There is the Public Switched Telephone Network (PSTN) that connects calls between wired (fixed line) and wireless telephony subscribers (GSM is just the 2nd generation wireless telephony system, and there are others). Unlike packet-switched networks like the Internet, the PSTN is circuit-switched. For purposes of call routing, there are three pieces of the circuit to consider:
(a) the call leg between the caller and telephony switch on the caller side
(b) the call legs between the telephony switch on the caller side and the telephony switch on the callee side
(c) the call leg between the telephony switch on the callee side and the callee
Between switches, Signaling System 7 (SS7) signaling would be used. One of the differences between fixed and wireless (e.g., GSM) networks is that the wireless cellular networks would have a Mobile Switch Center (MSC) that is analogous to a telephony switch (see class 4 telephone switch, for example), but with the addition of mobility-related functions. So you could have wireless-to-wireless, wireless-to-wired, wired-to-wireless, or wired-to-wired calls, with SS7 signaling between the telephony switches (including MSCs) to set up the voice circuits.

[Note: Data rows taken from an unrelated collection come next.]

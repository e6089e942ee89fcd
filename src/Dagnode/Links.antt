-- ===== src/Dagnode/Links.antt =====
-- The links of an analyzed node.
use ipfs_content.Prelude.{
  ℕ, zero, suc, ◌≤◌, ◌≡◌, refl, sym, ap, ◌∙◌, Bool-cases, Option-cases, inl, inr, true, false,
  Option, none, some, List, [], ◌∷◌, ◌++◌, append_assoc, append-nil, map, arith, length, length-map,
  get_elem?, String, leb, nat_beq, Result, ok, err, pos,
}
use ipfs_content.Blockstore.{Bytes, Block}
use ipfs_content.Paths.{CidText, normalize_cid}
use ipfs_content.Dagnode.{
  CidBytes, CidBytesLaw, FormatLink, Node, NodeInfo, NodeKind, FsNode, NodeError, out_of_bounds,
  invalid_cid, add_links, add_kind, add_unixfs, analyze_node, get_link_at, get_cid, link_count,
  make_link, normal_bytes, new_node_info, raw_node, proto_node, cbor_node, legacy_node, other_node,
}

-- The links that are not nil.
abbrev pub present : {C : Type 0} → List (Option (FormatLink C)) → List (FormatLink C)
present [] = []
present (none ∷ links) = present links
present (some l ∷ links) = l ∷ present links

map-get_elem? {ℓ κ} :
    {A : Type ℓ} {B : Type κ} (f : A → B) (xs : List A) (i : ℕ) {x : A}
    → get_elem? xs i ≡ some x
    → get_elem? (map f xs) i ≡ some (f x)
map-get_elem? f [] i h = cc h
map-get_elem? f (x ∷ xs) zero h = cc h
map-get_elem? f (x ∷ xs) (suc i) h = map-get_elem? f xs i h

get_elem?-none {ℓ} :
    {A : Type ℓ} (xs : List A) (i : ℕ) → get_elem? xs i ≡ none → leb (length xs) i ≡ true
get_elem?-none [] i h = ground arith
get_elem?-none (x ∷ xs) zero h = cc h
get_elem?-none (x ∷ xs) (suc i) h = ground (arith, get_elem?-none xs i h)

get_elem?-some {ℓ} :
    {A : Type ℓ} (xs : List A) (i : ℕ) {x : A} → get_elem? xs i ≡ some x → leb (length xs) i ≡ false
get_elem?-some [] i h = cc h
get_elem?-some (x ∷ xs) zero h = ground arith
get_elem?-some (x ∷ xs) (suc i) h = ground (arith, get_elem?-some xs i h)

module _ {C : Type 0} (cids : CidText C) (codec : CidBytes C) where
  -- The info holds those links in its slices.
  abbrev HasLinks : NodeInfo → List (FormatLink C) → Type 0
  HasLinks info ls =
      (info.link_cids ≡ map (λ (l : FormatLink C). normal_bytes cids codec l.cid) ls)
      × (info.link_names ≡ map (λ (l : FormatLink C). l.name) ls)
      × (info.link_sizes ≡ map (λ (l : FormatLink C). l.size) ls)

  -- The slices grow at their ends.
  abbrev MoreLinks : NodeInfo → List (FormatLink C) → NodeInfo → Type 0
  MoreLinks info ls info' =
      (info'.link_cids
        ≡ info.link_cids ++ map (λ (l : FormatLink C). normal_bytes cids codec l.cid) ls)
      × (info'.link_names ≡ info.link_names ++ map (λ (l : FormatLink C). l.name) ls)
      × (info'.link_sizes ≡ info.link_sizes ++ map (λ (l : FormatLink C). l.size) ls)
      × (info'.cid_bytes ≡ info.cid_bytes)

  MoreLinks-add_links :
      (info : NodeInfo) (links : List (Option (FormatLink C)))
      → MoreLinks info (present links) (add_links cids codec info links)
  unfolding add_links
  MoreLinks-add_links info [] = (
    sym (append-nil info.link_cids),
    sym (append-nil info.link_names),
    sym (append-nil info.link_sizes),
    refl,
  )
  MoreLinks-add_links info (none ∷ links) = MoreLinks-add_links info links
  MoreLinks-add_links info (some l ∷ links) =
      let (cs, ns, ss, same) =
        MoreLinks-add_links
          (record info {
            link_cids = info.link_cids ++ normal_bytes cids codec l.cid ∷ [];
            link_names = info.link_names ++ l.name ∷ [];
            link_sizes = info.link_sizes ++ l.size ∷ [];
          })
          links in
      (
        cs ∙ append_assoc info.link_cids (normal_bytes cids codec l.cid ∷ []) _,
        ns ∙ append_assoc info.link_names (l.name ∷ []) _,
        ss ∙ append_assoc info.link_sizes (l.size ∷ []) _,
        same,
      )

  -- The switch does not write the slices of the links.
  HasLinks-add_kind :
      (fs_node_from_bytes : Bytes → Option FsNode) (info : NodeInfo) (kind : NodeKind)
      (ls : List (FormatLink C))
      → HasLinks info ls
      → HasLinks (add_kind fs_node_from_bytes info kind) ls
        × ((add_kind fs_node_from_bytes info kind).cid_bytes ≡ info.cid_bytes)
  unfolding add_kind add_unixfs
  HasLinks-add_kind fs info (raw_node content) ls h = (h, refl)
  HasLinks-add_kind fs info (proto_node content) ls h = ground (arith, h)
  HasLinks-add_kind fs info (cbor_node content) ls h = (h, refl)
  HasLinks-add_kind fs info (legacy_node content) ls h = (h, refl)
  HasLinks-add_kind fs info other_node ls h = (h, refl)

  -- What GetLinkAt is to answer for a link that is there or not.
  abbrev pub link_of : Option (FormatLink C) → Result NodeError (FormatLink C)
  link_of none = err out_of_bounds
  link_of (some l) = elim (normalize_cid cids l.cid) [
    | none ↦ err invalid_cid
    | some c ↦ ok (record { name = l.name; size = l.size; cid = c })
  ]

  module _ ⦃law : CidBytesLaw codec⦄ (known : (c : C) → cids.version c ≤ 1) where
    normal_form : (c : C) → (v : C) × (normalize_cid cids c ≡ some v)
    unfolding normalize_cid
    normal_form c = elim (Bool-cases (nat_beq (cids.version c) 0)) [
      | inl old ↦ (cids.new_v1 c, ground (arith, old))
      | inr new ↦ (c, ground (arith, new, known c))
    ]

    -- The bytes that stand for a CID are those of its version 1.
    cast-normal_bytes :
        (c : C)
        → (v : C) × (normalize_cid cids c ≡ some v)
          × (codec.cast (normal_bytes cids codec c) ≡ some v)
    unfolding normal_bytes
    cast-normal_bytes c =
        let (v, same) = normal_form c in (v, same, rw (normal_bytes, same) (law.cast-bytes v))

    link_of-normal :
        (l : FormatLink C) {v : C}
        → normalize_cid cids l.cid ≡ some v
        → link_of (some l) ≡ ok (record { name = l.name; size = l.size; cid = v })
    link_of-normal l h = rw (link_of, h) refl

    make_link-cast :
        (b : Bytes) (name : String) (size : ℕ) {v : C}
        → codec.cast b ≡ some v
        → make_link codec (some b) (some name) (some size)
          ≡ ok (record { name = name; size = size; cid = v })
    unfolding make_link
    make_link-cast b name size h = rw (make_link, h) refl

    link_at :
        (info : NodeInfo) (ls : List (FormatLink C)) (i : ℕ)
        → HasLinks info ls
        → get_link_at codec info (pos i) ≡ link_of (get_elem? ls i)
    unfolding get_link_at
    link_at info ls i (cs, ns, ss) = elim (Option-cases (get_elem? ls i)) [
      | inl missing ↦
          let past : leb (length info.link_cids) i ≡ true =
            rw (cs, length-map) (get_elem?-none ls i missing) in
          rw (past, missing) refl
      | inr (l, found) ↦
          let there : leb (length info.link_cids) i ≡ false =
            rw (cs, length-map) (get_elem?-some ls i found) in
          let (v, same, cast) = cast-normal_bytes l.cid in
          rw
            (
              there,
              ap (λ (z : List Bytes). get_elem? z i) cs ∙ map-get_elem? _ ls i found,
              ap (λ (z : List String). get_elem? z i) ns ∙ map-get_elem? _ ls i found,
              ap (λ (z : List ℕ). get_elem? z i) ss ∙ map-get_elem? _ ls i found,
              found,
            )
            (make_link-cast (normal_bytes cids codec l.cid) l.name l.size cast
              ∙ sym (link_of-normal l same))
    ]

    -- Where every CID is of version 0 or 1, GetLinkAt of an analyzed block gives at an index from
    -- 0 on the link of that number among the links that are not nil, with its CID in version 1,
    -- and an error past the last; LinkCount is their number, and GetCID gives the CID of the
    -- block in version 1.
    pub get_link_at-analyze_node :
        (decode_block : Block C → Option (Node C)) (fs_node_from_bytes : Bytes → Option FsNode)
        (block : Block C) (node : Node C)
        → decode_block block ≡ some node
        → (info : NodeInfo) × (analyze_node cids codec decode_block fs_node_from_bytes block
            ≡ ok info)
          × ((i : ℕ) → get_link_at codec info (pos i) ≡ link_of (get_elem? (present node.links) i))
          × (link_count info ≡ length (present node.links))
          × (get_cid codec info ≡ normalize_cid cids block.cid)
    unfolding analyze_node link_count get_cid new_node_info
    get_link_at-analyze_node decode_block fs block node decoded =
        let first = new_node_info cids codec block in
        let (cs, ns, ss, bytes) = MoreLinks-add_links first node.links in
        let (has, kept) =
          HasLinks-add_kind fs (add_links cids codec first node.links) node.kind
            (present node.links) (cs, ns, ss) in
        let info = add_kind fs (add_links cids codec first node.links) node.kind in
        let (v, same, cast) = cast-normal_bytes block.cid in
        (
          info,
          rw (decoded, analyze_node) refl,
          λ i. link_at info (present node.links) i has,
          ap length has.0 ∙ length-map _ (present node.links),
          ap codec.cast (kept ∙ bytes) ∙ cast ∙ sym same,
        )
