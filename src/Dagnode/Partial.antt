-- ===== src/Dagnode/Partial.antt =====
-- Which blocks are taken for a part of a file.
use ipfs_content.Prelude.{
  ℕ, ◌+◌, ◌≡◌, refl, ap, ◌∙◌, Bool, false, ◌&&◌, Option-cases, inl, inr, Option, none, some, List,
  [], ◌∷◌, ◌++◌, arith, length, length-append, leb, nat_beq, Result, ok, err,
}
use ipfs_content.Blockstore.{Bytes, Block}
use ipfs_content.Paths.{CidText}
use ipfs_content.Dagnode.{
  CidBytes, FormatLink, Node, NodeInfo, NodeKind, FsNode, NodeError, decode_failed, normal_bytes,
  is_file, add_links, add_kind, add_unixfs, analyze_node, detect_partial_file, is_partial_file,
  is_likely_chunk, new_node_info, raw_node, proto_node, cbor_node, legacy_node, other_node,
  size_threshold, typical_chunk_size,
}
use ipfs_content.Dagnode.Links.{present}

-- The size of a chunk of go-ipfs: 240 KiB to 256 KiB, both included.
abbrev pub chunk_sized : Bytes → Bool
chunk_sized content = leb size_threshold (length content) && leb (length content) typical_chunk_size

-- The data of a ProtoNode is that of a file of UnixFS.
abbrev pub file_data : Option FsNode → Bool
file_data none = false
file_data (some fs) = is_file fs.data_type

-- A raw node of that size, or the node of a file without links whose data has that size.
abbrev pub partial_kind : (Bytes → Option FsNode) → ℕ → NodeKind → Bool
partial_kind fs links (raw_node content) = chunk_sized content
partial_kind fs links (proto_node content) =
    file_data (fs content) && nat_beq links 0 && chunk_sized content
partial_kind fs links (cbor_node content) = false
partial_kind fs links (legacy_node content) = false
partial_kind fs links other_node = false

abbrev pub partial_node : {C : Type 0} → (Bytes → Option FsNode) → Node C → Bool
partial_node fs node = partial_kind fs (length (present node.links)) node.kind

abbrev pub partial_answer :
    {C : Type 0} → (Bytes → Option FsNode) → Option (Node C) → Result NodeError Bool
partial_answer fs none = err decode_failed
partial_answer fs (some node) = ok (partial_node fs node)

is_partial_file-add_kind :
    (fs : Bytes → Option FsNode) (info : NodeInfo) (kind : NodeKind)
    → info.is_unixfs ≡ false
    → is_partial_file (add_kind fs info kind) ≡ partial_kind fs (length info.link_cids) kind
unfolding is_partial_file is_likely_chunk add_kind add_unixfs
is_partial_file-add_kind fs info (raw_node content) h = ground (arith, h)
is_partial_file-add_kind fs info (proto_node content) h = elim (Option-cases (fs content)) [
  | inl missing ↦ ground (arith, missing, h)
  | inr (nd, found) ↦ ground (arith, found, h)
]
is_partial_file-add_kind fs info (cbor_node content) h = ground (arith, h)
is_partial_file-add_kind fs info (legacy_node content) h = ground (arith, h)
is_partial_file-add_kind fs info other_node h = ground (arith, h)

module _ {C : Type 0} (cids : CidText C) (codec : CidBytes C) where
  add_links_lem :
      (info : NodeInfo) (links : List (Option (FormatLink C)))
      → (length (add_links cids codec info links).link_cids
          ≡ length info.link_cids + length (present links))
        × ((add_links cids codec info links).is_unixfs ≡ info.is_unixfs)
  unfolding add_links
  add_links_lem info [] = (omega arith, refl)
  add_links_lem info (none ∷ links) = add_links_lem info links
  add_links_lem info (some l ∷ links) =
      let (more, same) =
        add_links_lem
          (record info {
            link_cids = info.link_cids ++ normal_bytes cids codec l.cid ∷ [];
            link_names = info.link_names ++ l.name ∷ [];
            link_sizes = info.link_sizes ++ l.size ∷ [];
          })
          links in
      (omega (arith, more, length-append info.link_cids (normal_bytes cids codec l.cid ∷ [])), same)

  module _ (decode_block : Block C → Option (Node C))
      (fs_node_from_bytes : Bytes → Option FsNode) where
    -- DetectPartialFile of a block that decodes: exactly the raw nodes of 240 KiB to 256 KiB, and the
    -- nodes of UnixFS files without links whose data has that size, are taken for a part of a file;
    -- a block that does not decode is an error.
    pub detect_partial_file-partial_node :
        (block : Block C)
        → detect_partial_file cids codec decode_block fs_node_from_bytes block
          ≡ partial_answer fs_node_from_bytes (decode_block block)
    unfolding detect_partial_file analyze_node new_node_info
    detect_partial_file-partial_node block = elim (Option-cases (decode_block block)) [
      | inl failed ↦ rw (failed, analyze_node) refl
      | inr (node, decoded) ↦
          let (count, plain) = add_links_lem (new_node_info cids codec block) node.links in
          let links : length
                (add_links cids codec (new_node_info cids codec block) node.links).link_cids
              ≡ length (present node.links) =
            omega (arith, count) in
          let same =
            is_partial_file-add_kind fs_node_from_bytes
              (add_links cids codec (new_node_info cids codec block) node.links) node.kind plain in
          rw (decoded, analyze_node)
            (ap ok (same ∙ ap (λ n. partial_kind fs_node_from_bytes n node.kind) links))
    ]
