-- ===== src/Paths/Samples.antt =====
-- A library of two CIDs, for tests.
use ipfs_content.Prelude.{
  ℕ, ◌≡◌, refl, Option, none, some, String, if◌then◌else◌, ◌==◌, string_eq, Bool, true, false,
}
use ipfs_content.Paths.{CidText, CidTextLaws}

-- The CID of version 0 is `false`.
abbrev pub text_of : Bool → String
text_of false = "Qm"
text_of true = "bafy"

abbrev pub version_of : Bool → ℕ
version_of false = 0
version_of true = 1

abbrev pub cid_of : String → Option Bool
cid_of t = if t == "Qm" then some false else if t == "bafy" then some true else none

pub cid_of-text_of : (c : Bool) → cid_of (text_of c) ≡ some c
cid_of-text_of false = refl
cid_of-text_of true = refl

abbrev pub two_cids : CidText Bool
two_cids = record { parse = cid_of; to_text = text_of; version = version_of; new_v1 = λ c. true }

instance abbrev pub two_cids_laws : CidTextLaws two_cids
two_cids_laws = record { parse-to_text = cid_of-text_of; version-new_v1 = λ c. refl }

What mobility-related functions would an MSC need to support? You asked how phone calls are routed. Let's consider the example of an incoming call to a wireless cellular phone. Based on the digits of the phone number (including country code, area code, etc.), the switch or MSC on the calling side is about to identify the home MSC of the callee (I say "home MSC" because the networks support roaming also, where the phone is at another network served by a different MSC, but based on the phone number, their home MSC that is in their home network is identified). In GSM, the home MSC would query the Home Location Register (HLR) to check where the phone was last located. It may be somewhere in the home network or roaming.
The non-roaming case is more straightforward, which is to just establish the last-mile call leg to the mobile phone through the home GSM network (from MSC to Base Station Controller, BSC, to Base Transceiver Subsystem, BTS, or base station for short, and then over the air to the mobile phone). In the roaming case, the HLR would know the network the phone is roaming in, because the phone would have completed a registration procedure in that network. So the HLR would point to a Visitor Location Register (VLR) in that other network. SS7 signaling from the home MSC to that VLR retrieves a special routing number to the MSC in the roaming network, so that a circuit can be established between the home MSC and that MSC. Once that call leg gets set up, then the MSC in the roaming network would need to establish the final leg to the base station and on to the phone.
There are additional details, like location updates so the network knows where the phone is, roughly (not too precise), even when it is idle. Then to deliver the call, the MSC may need to arrange for paging of the phone over a number of base stations in a Location Area, as it doesn't know which base station exactly, the phone is camping on or using at that time.
So anyway, it is a very different network from packet switching networks like the Internet.
There have been all kinds of convergence and integration going on in the networks the past few decades, though, so one may find some packet switching used internally even within networks that are part of the PSTN these days. LTE, a successor of GSM, does not even natively support voice/telephony and Voice-over-LTE (VoLTE) uses a form of VoIP with the IP Multimedia Subsystem (IMS) of the core network handling call control signaling.